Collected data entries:
---*---

-- ===== src/Tests/OutputRuns.antt =====
-- The theorems on `BoundedOutput`, applied to a capture that overflows.
use sandboxed_workspace_mcp.Streams.{Bytes}
use sandboxed_workspace_mcp.Base.{◌+◌, ◌≡◌, text, List, [], ◌∷◌}
use sandboxed_workspace_mcp.BoundedOutput.{Source, from_stdout, from_diagnostic, init}
use sandboxed_workspace_mcp.BoundedOutput.Capture.{
  Captures, append_all, stream_of, written_out, written_errors, append_all-Captures,
  append_all-observed,
}

abbrev three_writes : List (Source × Bytes)
three_writes =
    (from_stdout, text "abc") ∷ (from_diagnostic, text "xy") ∷ (from_stdout, text "def") ∷ []

append_all-Captures_example : Captures 6 (stream_of three_writes) (append_all three_writes (init 6))
append_all-Captures_example = append_all-Captures 6 three_writes

append_all-observed_example :
    ((append_all three_writes (init 6)).observed_stdout_bytes
      ≡ (init 6).observed_stdout_bytes + written_out three_writes)
    × ((append_all three_writes (init 6)).observed_stderr_bytes
        ≡ (init 6).observed_stderr_bytes + written_errors three_writes)
append_all-observed_example = append_all-observed three_writes (init 6)
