-- ===== src/Tests/PolicyRuns.antt =====
-- The theorems on the access policy, applied to one rule, with a matcher of globs without wildcards
-- and a splitting of paths at the slashes.
use sandboxed_workspace_mcp.Base.{
  ◌≡◌, refl, Bool, true, Text, Text-discrete, text, text_in, List, [], ◌∷◌, ◌++◌, ◌==◌,
  if◌then◌else◌,
}
use sandboxed_workspace_mcp.AccessPolicy.{
  Piece, exact, Rule, is_exempt, blocks_part, blocks, first_blocking, blocking_pattern, is_some,
  is_blocked,
}
use sandboxed_workspace_mcp.AccessPolicy.Glob.{printed, source_of}
use sandboxed_workspace_mcp.AccessPolicy.Blocked.{RootHasNoParts, is_blocked-below}

abbrev same_text : List Piece → Text → Bool
same_text pieces t = text_in t (printed pieces ∷ [])

-- A part is kept if it is neither empty nor the current directory.
abbrev keep_part : Text → List Text → List Text
keep_part part rest = if text_in part ([] ∷ text "." ∷ []) then rest else part ∷ rest

abbrev split_from : Text → Text → List Text
split_from part [] = keep_part part []
split_from part (c ∷ rest) =
    let next = split_from [] rest in
    let same = split_from (part ++ c ∷ []) rest in if c == b'/' then keep_part part next else same

abbrev split_parts : Text → List Text
split_parts t = split_from [] t

abbrev git_rule : Rule
git_rule = record {
  pattern = text ".git";
  expression = exact b'.' ∷ exact b'g' ∷ exact b'i' ∷ exact b't' ∷ [];
  basename_only = true;
}

root_parts_empty : RootHasNoParts split_parts
unfolding text_in Text-discrete
root_parts_empty = (refl, refl)

git_blocked : is_blocked same_text split_parts (git_rule ∷ []) (text "a/.git") ≡ true
unfolding is_blocked is_some blocking_pattern first_blocking blocks blocks_part is_exempt text_in
    Text-discrete printed source_of
git_blocked = refl

inside_git : split_parts (text "a/.git/config") ≡ split_parts (text "a/.git") ++ text "config" ∷ []
unfolding text_in Text-discrete
inside_git = refl

is_blocked-below_example :
    is_blocked same_text split_parts (git_rule ∷ []) (text "a/.git/config") ≡ true
is_blocked-below_example =
    is_blocked-below same_text split_parts root_parts_empty (git_rule ∷ []) (text "a/.git")
      (text "a/.git/config") (text "config" ∷ []) inside_git git_blocked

---*---

Work task:
From the records above, transcribe exactly the run of lines that opens with the line holding "split_from part [] = keep_part part []" and closes with the line holding "root_parts_empty : RootHasNoParts split_parts", both included.

Worked solution:
split_from part [] = keep_part part []
split_from part (c ∷ rest) =
    let next = split_from [] rest in
    let same = split_from (part ++ c ∷ []) rest in if c == b'/' then keep_part part next else same

abbrev split_parts : Text → List Text
split_parts t = split_from [] t

abbrev git_rule : Rule
git_rule = record {
  pattern = text ".git";
  expression = exact b'.' ∷ exact b'g' ∷ exact b'i' ∷ exact b't' ∷ [];
  basename_only = true;
}

root_parts_empty : RootHasNoParts split_parts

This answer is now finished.